New Tools for Chemically Directed Proteomics
- Author(s): Pitcher, Austin Arlo
- Advisor(s): Bertozzi, Carolyn R
- et al.
In recent years, mass spectrometry has become a staple technique in biochemistry and molecular biology, with mass spectrometry based proteomics being one of its greatest successes. The standard method for determining protein identifications though the use of mass spectrometry involves a number of steps. First, a solution of whole proteins is digested with a protease, typically trypsin. The resulting peptides are then separated by liquid chromatography, and a full scan mass spectrum is obtained for each eluting fraction. As ions themselves produce little information that can be used to determine protein identifications, peptide ions are then selected for secondary fragmentation and a tandem mass spectrum is obtained. From this secondary spectrum, peptide sequence information can be obtained after comparison to proteome databases.

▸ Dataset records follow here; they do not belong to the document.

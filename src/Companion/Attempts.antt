-- ===== src/Companion/Attempts.antt =====
-- One attempt of the handshake in CompanionConnect: what it sends, and how it goes on.
use ddtsoft_net_test.Base.{ℕ, zero, suc, ◌+◌, ◌≤◌, ◌≡◌, arith, Bool, true, false, some, Bytes}
use ddtsoft_net_test.Efi.{EfiStatus, success, device_error, efi_error}
use ddtsoft_net_test.Runner.{Text, codes}
use ddtsoft_net_test.Companion.{
  Link, connected, companion_error, Driver, Printer, max_msg_size, starts_with, polls,
  transmit_loop, wait_token, send_command, receive_response, connect_loop,
}
use ddtsoft_net_test.Companion.Receive.{IsDelivered}
use ddtsoft_net_test.Companion.Ends.{IsSamePeer, HasPending}

module _ {W : Type 0} (d : Driver W) (p : Printer) (pending : W → ℕ)
    (h : HasPending d pending) where
  polls_pending : (n : ℕ) (w : W) → pending (polls d p n w) ≤ pending w
  unfolding polls
  polls_pending zero w = omega arith
  polls_pending (suc n) w =
      omega
        (arith, polls_pending n (d.stall 30000 (d.poll w)), h.stalls 30000 (d.poll w), h.polls w)

  transmit_pending :
      (tries : ℕ) (retry : Bool) (link : Link) (m : Text) (w : W)
      → pending (transmit_loop d p tries retry link m w).1 ≤ pending w
  unfolding transmit_loop
  transmit_pending zero retry link m w = omega arith
  transmit_pending (suc tries) true link m w =
      let w' = polls d p 10 w in
      ground (
        arith,
        polls_pending 10 w,
        h.transmits link.companion_ip link.port m w',
        transmit_pending tries true link m (d.transmit link.companion_ip link.port m w').1,
      )
  transmit_pending (suc tries) false link m w = ground (
    arith,
    h.transmits link.companion_ip link.port m w,
    transmit_pending tries true link m (d.transmit link.companion_ip link.port m w).1,
  )

  wait_pending : (ms : ℕ) (w : W) → pending (wait_token d p ms w) ≤ pending w
  unfolding wait_token
  wait_pending zero w = omega arith
  wait_pending (suc ms) w =
      ground (arith, wait_pending ms (d.stall 1000 (d.poll w)), h.stalls 1000 (d.poll w), h.polls w)

  pub send_pending :
      (link : Link) (m : Text) (w : W) → pending (send_command d p link m w).2 ≤ pending w
  unfolding send_command
  send_pending link m w =
      let event = d.create_event w in
      let sent = transmit_loop d p 8 false link m event.1 in
      let w' = wait_token d p link.timeout_ms sent.1 in
      ground (
        arith,
        h.creates w,
        transmit_pending 8 false link m event.1,
        h.closes sent.1,
        wait_pending link.timeout_ms sent.1,
        h.cancels w',
        h.closes (d.cancel w'),
        h.closes w',
      )

module _ {W : Type 0} (d : Driver W) (p : Printer) where
  pub send_command-IsSamePeer :
      (link : Link) (m : Text) (w : W) → IsSamePeer link (send_command d p link m w).1
  unfolding send_command
  send_command-IsSamePeer link m w = record {
    state_same = ground arith;
    ip_same = ground arith;
    port_same = ground arith;
  }

  -- A handshake that succeeded: the companion, under the link's address and port, sent an ACK.
  pub record IsShaken (link l' : Link) : Type 0 where
    pub is_connected : l'.state ≡ connected
    pub listener : Link
    pub ip_same : listener.companion_ip ≡ link.companion_ip
    pub port_same : listener.port ≡ link.port
    pub response : Bytes
    pub delivered : IsDelivered d listener response max_msg_size
    pub ack : starts_with response 0 (codes "ACK") ≡ true

  pub data Outcome (link : Link) : EfiStatus → Link → Type 0 where
    shaken : (l' : Link) → IsShaken link l' → Outcome link success l'
    refused :
        (s : EfiStatus) (l' : Link)
        → efi_error s ≡ true
        → l'.state ≡ companion_error
        → Outcome link s l'

  -- How one attempt goes on.
  module _ (fuel left attempt : ℕ) (link : Link) (w : W) where
    abbrev pub hello : EfiStatus × Link × W
    hello =
        send_command d p (record link { status_msg = p.hello_attempt (attempt + 1) })
          (codes "HELLO DDTSoft 1.0\n") w

    pub connect_unsent :
        efi_error hello.0 ≡ true
        → connect_loop d p fuel (suc left) attempt link w
          ≡ connect_loop d p fuel left (attempt + 1) hello.1 (d.stall 1000000 hello.2)
    unfolding connect_loop
    connect_unsent e = ground (arith, e)

    module _ (s : EfiStatus) (l' : Link) (r : Bytes) (w' : W) (sent : efi_error hello.0 ≡ false)
        (got : receive_response d p fuel hello.1 (λ k. 0) max_msg_size 2000 hello.2
          ≡ some (s, l', r, w')) where
      pub connect_unanswered :
          efi_error s ≡ true
          → connect_loop d p fuel (suc left) attempt link w
            ≡ connect_loop d p fuel left (attempt + 1) l' w'
      unfolding connect_loop
      connect_unanswered e = ground (arith, sent, got, e)

      pub connect_ack :
          efi_error s ≡ false
          → starts_with r 0 (codes "ACK") ≡ true
          → connect_loop d p fuel (suc left) attempt link w
            ≡ some (
              success,
              record l' { state = connected; status_msg = codes "Connected to companion" },
              w',
            )
      unfolding connect_loop
      connect_ack e a = ground (arith, sent, got, e, a)

      pub connect_error :
          efi_error s ≡ false
          → starts_with r 0 (codes "ACK") ≡ false
          → starts_with r 0 (codes "ERROR") ≡ true
          → connect_loop d p fuel (suc left) attempt link w
            ≡ some (
              device_error,
              record l' { state = companion_error; status_msg = codes "Companion returned error" },
              w',
            )
      unfolding connect_loop
      connect_error e a b = ground (arith, sent, got, e, a, b)

      pub connect_unexpected :
          efi_error s ≡ false
          → starts_with r 0 (codes "ACK") ≡ false
          → starts_with r 0 (codes "ERROR") ≡ false
          → connect_loop d p fuel (suc left) attempt link w
            ≡ connect_loop d p fuel left (attempt + 1) l' w'
      unfolding connect_loop
      connect_unexpected e a b = ground (arith, sent, got, e, a, b)
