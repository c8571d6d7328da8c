-- ===== src/Companion/Connect.antt =====
-- The handshake of Source/CompanionLink.c (CompanionConnect) as a whole.
use ddtsoft_net_test.Base.{
  ℕ, zero, suc, ◌+◌, ◌<◌, ◌≡◌, ◌∙◌, refl, ap, arith, true, false, Option, some, Bool-cases, inl,
  inr, Bytes,
}
use ddtsoft_net_test.Efi.{EfiStatus, success, unsupported, device_error, timeout, efi_error}
use ddtsoft_net_test.Runner.{codes}
use ddtsoft_net_test.Companion.{
  Link, connecting, companion_error, Driver, Printer, max_msg_size, starts_with, send_command,
  receive_response, connect_loop, connect,
}
use ddtsoft_net_test.Companion.Attempts.{
  send_pending, send_command-IsSamePeer, Outcome, shaken, refused, connect_unsent,
  connect_unanswered, connect_ack, connect_error, connect_unexpected,
}
use ddtsoft_net_test.Companion.Receive.{IsDelivered, receive_response-IsDelivered}
use ddtsoft_net_test.Companion.Ends.{HasPending, receive_response_ends}

module _ {W : Type 0} (d : Driver W) (p : Printer) (pending : W → ℕ)
    (h : HasPending d pending) where
  abbrev Ending : ℕ → Link → W → Option (EfiStatus × Link × W) → Type 0
  Ending fuel link w run =
      (s : EfiStatus) × (l' : Link) × (w' : W) × (run ≡ some (s, l', w')) × Outcome d p link s l'

  -- An attempt that starts from a later link with the same peer.
  later :
      (link l2 : Link) {s : EfiStatus} {l' : Link}
      → l2.companion_ip ≡ link.companion_ip
      → l2.port ≡ link.port
      → Outcome d p l2 s l'
      → Outcome d p link s l'
  later link l2 ip port (shaken l' k) = shaken l' (record {
    is_connected = k.is_connected;
    listener = k.listener;
    ip_same = k.ip_same ∙ ip;
    port_same = k.port_same ∙ port;
    response = k.response;
    delivered = k.delivered;
    ack = k.ack;
  })
  later link l2 ip port (refused s l' e f) = refused s l' e f

  success-IsDelivered :
      (fuel : ℕ) (link : Link) (w : W) (s : EfiStatus) (l2 : Link) (r : Bytes) (w2 : W)
      → receive_response d p fuel link (λ k. 0) max_msg_size 2000 w ≡ some (s, l2, r, w2)
      → s ≡ success
      → IsDelivered d link r max_msg_size
  success-IsDelivered fuel link w s l2 r w2 got ok =
      receive_response-IsDelivered d p fuel link (λ k. 0) max_msg_size 2000 w l2 r w2
        (got ∙ ap (λ (x : EfiStatus). some (x, l2, r, w2)) ok)

  connect_loop_ends :
      (fuel left attempt : ℕ) (link : Link) (w : W)
      → pending w + 2000 < fuel
      → Ending fuel link w (connect_loop d p fuel left attempt link w)
  connect_loop_ends fuel zero attempt link w lt =
      let l' = record link { state = companion_error } in
      (timeout, l', w, unfold connect_loop in refl, refused timeout l' refl refl)
  connect_loop_ends fuel (suc left) attempt link w lt =
      let greeted = record link { status_msg = p.hello_attempt (attempt + 1) } in
      let sent = send_command d p greeted (codes "HELLO DDTSoft 1.0\n") w in
      let less = send_pending d p pending h greeted (codes "HELLO DDTSoft 1.0\n") w in
      let peer = send_command-IsSamePeer d p greeted (codes "HELLO DDTSoft 1.0\n") w in
      elim (Bool-cases (efi_error sent.0)) [
        | inl bad ↦
            let (s, l', w', run, out) =
              connect_loop_ends fuel left (attempt + 1) sent.1 (d.stall 1000000 sent.2)
                (omega (arith, less, h.stalls 1000000 sent.2)) in
            (
              s,
              l',
              w',
              connect_unsent d p fuel left attempt link w bad ∙ run,
              later link sent.1 peer.ip_same peer.port_same out,
            )
        | inr good ↦
            let (s, l2, r, w2, got, end, less2, peer2) =
              receive_response_ends d p pending h fuel sent.1 (λ k. 0) max_msg_size 2000 sent.2
                (omega (arith, less)) in
            let again : Ending fuel link w (connect_loop d p fuel left (attempt + 1) l2 w2) =
              let (s', l', w', run, out) =
                connect_loop_ends fuel left (attempt + 1) l2 w2 (omega (arith, less, less2)) in
              (
                s',
                l',
                w',
                run,
                later link l2 (peer2.ip_same ∙ peer.ip_same) (peer2.port_same ∙ peer.port_same) out,
              ) in
            elim end [
              | inr bad ↦
                  rw (connect_unanswered d p fuel left attempt link w s l2 r w2 good got bad) again
              | inl ok ↦
                  let fine : efi_error s ≡ false = ap efi_error ok in
                  elim (Bool-cases (starts_with r 0 (codes "ACK"))) [
                    | inl ack ↦ (
                      success,
                      _,
                      w2,
                      connect_ack d p fuel left attempt link w s l2 r w2 good got fine ack,
                      shaken _ (record {
                        is_connected = refl;
                        listener = sent.1;
                        ip_same = peer.ip_same;
                        port_same = peer.port_same;
                        response = r;
                        delivered = success-IsDelivered fuel sent.1 sent.2 s l2 r w2 got ok;
                        ack = ack;
                      }),
                    )
                    | inr nack ↦ elim (Bool-cases (starts_with r 0 (codes "ERROR"))) [
                      | inl err ↦ (
                        device_error,
                        _,
                        w2,
                        connect_error d p fuel left attempt link w s l2 r w2 good got fine nack err,
                        refused device_error _ refl refl,
                      )
                      | inr odd ↦
                          rw
                            (connect_unexpected d p fuel left attempt link w s l2 r w2 good got fine
                              nack odd)
                            again
                    ]
                  ]
            ]
      ]

  -- CompanionConnect on an initialized link ends, if finitely many frames wait at the driver. It
  -- reports success exactly with the state CONNECTED, and then the companion has sent an ACK from its
  -- address to the link's port; in every other case it reports an error, and the state is ERROR.
  pub connect_lem :
      (fuel : ℕ) (link : Link) (w : W)
      → link.udp4 ≡ true
      → pending w + 2000 < fuel
      → (s : EfiStatus) × (l' : Link) × (w' : W) × (connect d p fuel link w ≡ some (s, l', w'))
        × Outcome d p link s l'
  connect_lem fuel link w up lt = elim (Bool-cases link.mnp) [
    | inr off ↦
        let l' = record link {
          state = companion_error;
          status_msg = codes "MNP not available for receive";
        } in
        (
          unsupported,
          l',
          w,
          unfold connect in ground (arith, up, off),
          refused unsupported l' refl refl,
        )
    | inl on ↦
        let start = record link { state = connecting } in
        let (s, l', w', run, out) = connect_loop_ends fuel 3 0 start w lt in
        (s, l', w', unfold connect in ground (arith, up, on, run), later link start refl refl out)
  ]
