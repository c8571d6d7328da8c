-- ===== src/Companion/Frames.antt =====
-- The frames that CompanionReceiveResponse of Source/CompanionLink.c accepts.
use ddtsoft_net_test.Base.{
  ℕ, ◌+◌, ◌-◌, ◌*◌, ◌/◌, ◌%◌, ◌≤◌, ◌<◌, ◌≡◌, arith, ◌↔◌, ap, sym, ◌∙◌, some,
}
use ddtsoft_net_test.Companion.{Link, Reception, be16, inspect}

-- Where the UDP header starts.
abbrev pub udp_header : Reception → ℕ
udp_header r = r.header_size + r.rx_buf r.header_size % 16 * 4

-- A UDP datagram over IPv4 from the companion to the link's port, whose payload is the `n` bytes at
-- `o` and lies in the frame.
pub record IsMessage (link : Link) (r : Reception) (o n : ℕ) : Type 0 where
  pub ether_type : (r.rx_buf 12 ≡ 0x08) × (r.rx_buf 13 ≡ 0)
  pub version : r.rx_buf r.header_size / 16 ≡ 4
  pub protocol : r.rx_buf (r.header_size + 9) ≡ 17
  pub src_ip_0 : r.rx_buf (r.header_size + 12) ≡ link.companion_ip 0
  pub src_ip_1 : r.rx_buf (r.header_size + 12 + 1) ≡ link.companion_ip 1
  pub src_ip_2 : r.rx_buf (r.header_size + 12 + 2) ≡ link.companion_ip 2
  pub src_ip_3 : r.rx_buf (r.header_size + 12 + 3) ≡ link.companion_ip 3
  pub start : o ≡ udp_header r + 8
  pub dst_port : be16 r.rx_buf (udp_header r + 2) ≡ link.port
  pub udp_length : be16 r.rx_buf (udp_header r + 4) ≡ n + 8
  pub not_empty : 0 < n
  pub header : 14 ≤ r.header_size
  pub size : 42 ≤ r.buf_size
  pub fits : o + n ≤ r.buf_size

accepted-IsMessage :
    (link : Link) (r : Reception) (o n : ℕ)
    → r.buf_size ≤ 1600
    → (inspect link r).payload ≡ some (o, n)
    → IsMessage link r o n
unfolding inspect
accepted-IsMessage link r o n small h = record {
  ether_type = (ground (arith, h), ground (arith, h));
  version = ground (arith, h);
  protocol = ground (arith, h);
  src_ip_0 = ground (arith, h);
  src_ip_1 = ground (arith, h);
  src_ip_2 = ground (arith, h);
  src_ip_3 = ground (arith, h);
  start = ground (arith, h);
  dst_port = ground (arith, h);
  udp_length = ground (arith, h);
  not_empty = ground (arith, h);
  header = ground (arith, h);
  size = ground (arith, h);
  fits = ground (arith, h);
}

IsMessage-accepted :
    (link : Link) (r : Reception) (o n : ℕ)
    → IsMessage link r o n
    → (inspect link r).payload ≡ some (o, n)
unfolding inspect
IsMessage-accepted link r o n m =
    let (t, u) = m.ether_type in
    let length : (be16 r.rx_buf (udp_header r + 4) + 65536 - 8) % 65536 ≡ n =
      omega (arith, m.udp_length) in
    let read : (inspect link r).payload
        ≡ some (udp_header r + 8, (be16 r.rx_buf (udp_header r + 4) + 65536 - 8) % 65536) =
      ground (
        arith, t, u, m.dst_port, m.version, m.protocol, m.src_ip_0, m.src_ip_1, m.src_ip_2,
        m.src_ip_3, m.start, m.not_empty, m.header, m.size, m.fits, length,
      ) in
    read
    ∙ ap (λ (k : ℕ). some (udp_header r + 8, k)) length
    ∙ ap (λ (k : ℕ). some (k, n)) (sym m.start)

-- Of a frame of at most 1600 bytes, the receive buffer's size, CompanionReceiveResponse takes the
-- payload exactly when the frame is a message from the companion. Its UDP length then covers the UDP
-- header, though the code does not test it: a shorter one wraps to a payload that no such frame holds.
pub inspect_iff :
    (link : Link) (r : Reception) (o n : ℕ)
    → r.buf_size ≤ 1600
    → ((inspect link r).payload ≡ some (o, n)) ↔ IsMessage link r o n
inspect_iff link r o n small = (accepted-IsMessage link r o n small, IsMessage-accepted link r o n)
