-- ===== src/Companion/Requests.antt =====
-- The requests of Source/CompanionLink.c on a connected link: each sends a command and judges the
-- response.
pub mod Judged
pub mod Replies
use ddtsoft_net_test.Base.{
  ℕ, ◌*◌, ◌%◌, ◌^◌, Bool, true, false, not, Option, none, some, [], ◌∷◌, ◌++◌, take, if◌then◌else◌,
  Bytes,
}
use ddtsoft_net_test.Efi.{EfiStatus, success, invalid_parameter, not_ready, device_error, efi_error}
use ddtsoft_net_test.Runner.{Text, codes}
use ddtsoft_net_test.Companion.{
  LinkState, disconnected, connected, Link, max_msg_size, Driver, Printer, starts_with, Exchange,
  unsent, unanswered, answered, with_msg, send_command, receive_response,
}

abbrev pub is_connected : LinkState → Bool
is_connected connected = true
is_connected _ = false

-- What each request makes of its exchange: the status it returns and the link's message.
pub judge_prepare : Exchange → Link → EfiStatus × Link
judge_prepare (unsent s) link = (s, with_msg link "Failed to send PREPARE")
judge_prepare (unanswered s) link = (s, with_msg link "No response to PREPARE")
judge_prepare (answered r) link =
    if starts_with r 0 (codes "READY")
    then (success, with_msg link "Companion ready")
    else if starts_with r 0 (codes "ERROR")
    then (device_error, with_msg link "Companion PREPARE error")
    else (device_error, with_msg link "Unexpected PREPARE response")

pub judge_start : Exchange → Link → EfiStatus × Link
judge_start (unsent s) link = (s, with_msg link "Failed to send START")
judge_start (unanswered s) link = (s, with_msg link "No response to START")
judge_start (answered r) link =
    if starts_with r 0 (codes "ACK")
    then (success, with_msg link "Test started")
    else (device_error, with_msg link "Unexpected START response")

pub judge_stop : Exchange → Link → EfiStatus × Link
judge_stop (unsent s) link = (s, with_msg link "Failed to send STOP")
judge_stop (unanswered s) link = (s, link)
judge_stop (answered r) link =
    if starts_with r 0 (codes "ACK")
    then (success, with_msg link "Test stopped")
    else (device_error, link)

pub judge_result : Exchange → Link → EfiStatus × Link
judge_result (unsent s) link = (s, with_msg link "Failed to send RESULT")
judge_result (unanswered s) link = (s, with_msg link "No result from companion")
judge_result (answered r) link =
    if starts_with r 0 (codes "REPORT")
    then (success, with_msg link "Result received")
    else if starts_with r 0 (codes "ERROR")
    then (device_error, with_msg link "Companion result error")
    else (success, link)

-- The command that CompanionPrepare formats into a buffer of 512 characters.
pub prepare_command : Text → Text → Option Text → Text
prepare_command layer test none =
    take 511 (codes "PREPARE " ++ layer ++ codes " " ++ test ++ codes "\n")
prepare_command layer test (some []) =
    take 511 (codes "PREPARE " ++ layer ++ codes " " ++ test ++ codes "\n")
prepare_command layer test (some (c ∷ cs)) =
    take 511 (codes "PREPARE " ++ layer ++ codes " " ++ test ++ codes " " ++ (c ∷ cs) ++ codes "\n")

abbrev pub quit : Link → Link
quit link = record link { state = disconnected; status_msg = codes "Disconnected" }

module _ {W : Type 0} (d : Driver W) (p : Printer) where
  -- A command and its response, without what the request makes of it. The caller's buffer comes back
  -- with it.
  pub exchange : ℕ → Link → Text → Bytes → ℕ → ℕ → W → Option (Exchange × Link × Bytes × W)
  exchange fuel link command response size timeout_ms w =
      let sent = send_command d p link command w in
      elim (efi_error sent.0) [
        | true ↦ some (unsent sent.0, sent.1, response, sent.2)
        | false ↦ elim (receive_response d p fuel sent.1 response size timeout_ms sent.2) [
          | none ↦ none
          | some (s, link', r, w') ↦
              some ((if efi_error s then unanswered s else answered r), link', r, w')
        ]
      ]

  abbrev judged :
      (Exchange → Link → EfiStatus × Link)
      → Option (Exchange × Link × Bytes × W)
      → Option (EfiStatus × Link × W)
  judged judge none = none
  judged judge (some (x, link, r, w)) = let (s, link') = judge x link in some (s, link', w)

  -- CompanionPrepare
  pub prepare : ℕ → Link → Text → Text → Option Text → W → Option (EfiStatus × Link × W)
  prepare fuel link layer test args w =
      if not (is_connected link.state)
      then some (not_ready, link, w)
      else judged judge_prepare (
          exchange fuel link (prepare_command layer test args) (λ k. 0) max_msg_size link.timeout_ms
            w)

  -- CompanionStart
  pub start : ℕ → Link → W → Option (EfiStatus × Link × W)
  start fuel link w =
      if not (is_connected link.state)
      then some (not_ready, link, w)
      else judged judge_start
          (exchange fuel link (codes "START\n") (λ k. 0) max_msg_size link.timeout_ms w)

  -- CompanionStop
  pub stop : ℕ → Link → W → Option (EfiStatus × Link × W)
  stop fuel link w =
      if not (is_connected link.state)
      then some (not_ready, link, w)
      else judged judge_stop
          (exchange fuel link (codes "STOP\n") (λ k. 0) max_msg_size link.timeout_ms w)

  -- CompanionGetResult, with what it leaves in the caller's buffer.
  pub get_result : ℕ → Link → Bytes → ℕ → W → Option (EfiStatus × Link × Bytes × W)
  get_result fuel link result size w =
      if not (is_connected link.state)
      then some (invalid_parameter, link, result, w)
      else elim (exchange fuel link (codes "RESULT\n") result size (link.timeout_ms * 2 % 2 ^ 32)
          w) [
            | none ↦ none
            | some (x, link', r, w') ↦
                let (s, link'') = judge_result x link' in some (s, link'', r, w')
          ]

  -- CompanionDisconnect
  pub disconnect : ℕ → Link → W → Option (EfiStatus × Link × W)
  disconnect fuel link w =
      if not link.udp4 then some (invalid_parameter, link, w) else elim (is_connected link.state) [
        | false ↦ some (success, quit link, w)
        | true ↦
            let sent = send_command d p link (codes "DONE\n") w in
            elim (receive_response d p fuel sent.1 (λ k. 0) max_msg_size 1000 sent.2) [
              | none ↦ none
              | some (s, link', r, w') ↦ some (success, quit link', w')
            ]
      ]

However, despite being a powerful tool for peptide identification, the traditional shotgun proteomics approach often suffers from limited sensitivity and a lack of reproducibility between replicate analyses. A major source of these limitations is due to the way in which ions are chosen for fragmentation. As unmodified peptide ions are virtually indistinguishable in a full scan mass spectrum, the vast majority of experiments select ions for fragmentation based solely on the signal intensity of each ion. In complex samples, this has the often undesired consequence of biasing the search towards the most abundant, though often uninteresting peptides. Furthermore, due to the stochastic nature of ion selection, it is often difficult to reproduce a list of protein identifications even if the same biological sample is used for multiple experiments. This dissertation focuses on the idea of using chemical tagging strategies to introduce information into a complex sample that can then be used to direct MS analysis away from the most abundant species and towards those most likely to be interesting in a given biological context. The technology developed is then applied to the study of protein glycosylation, a type of protein post-translational modification ubiquitous in eukaryotic organisms.
In Chapter 1, current technologies for studying glycoproteins using mass spectrometry are surveyed. The emphasis in this chapter is on the use of unnatural sugar substrates for the metabolic engineering of glycan structures, and applications of metabolic engineering to glycoproteomics. This chapter also reviews the use of bioorthogonal reactions in the context of glycoproteomics. Finally, the standard workflow for proteomics experiments is examined and the concept of directed mass spectrometry is introduced. Chapter 2 proposes a method for using chemistry to add information to a biological system which can then be used to direct the MS analysis of biomolecules to bias analysis towards a subset of so-called ``information-rich'' ions. This system uses the distinctive isotopic distribution of a chemical label to perturb the isotopic envelope of a biomolecule in a way that is detectable in a full-scan mass spectrum. Coupled with a computational algorithm described in Chapter 3, we term this methodology the IsoStamp system.
The isotopic pattern searching algorithm introduced relies on the ability to accurately predict the isotopic envelope of a peptide solely from the molecular weight of the ion. Such a system is analyzed in Chapter 4, and the scope is extended to applications in glycobiology including the prediction of isotopic envelopes of biomolecules such as mucins, where a large percentage of the molecular weight is attributed to carbohydrate content. Potential weaknesses of current metabolic oligosaccharide engineering techniques as they are employed in mass spectrometry is that they typically require a secondary labeling step, and that unnatural sugars may not be incorporated into glycan structures at stoichiometric levels. Chapter 5 introduces an alternative approach whereby an isotopically labeled mixture of a natural substrate, GlcNAc, is fed to cells and is subsequently incorporated into N-glycan structures at stoichiometric levels. N-glycosylated peptides are then targeted for MS/MS analysis based on their isotopic distribution, and sites of modification are determined by comparison to a proteome database. Finally, Chapter 6 examines the future of isotopic labeling in biological mass spectrometry, suggesting a number of applications of the IsoStamp technology.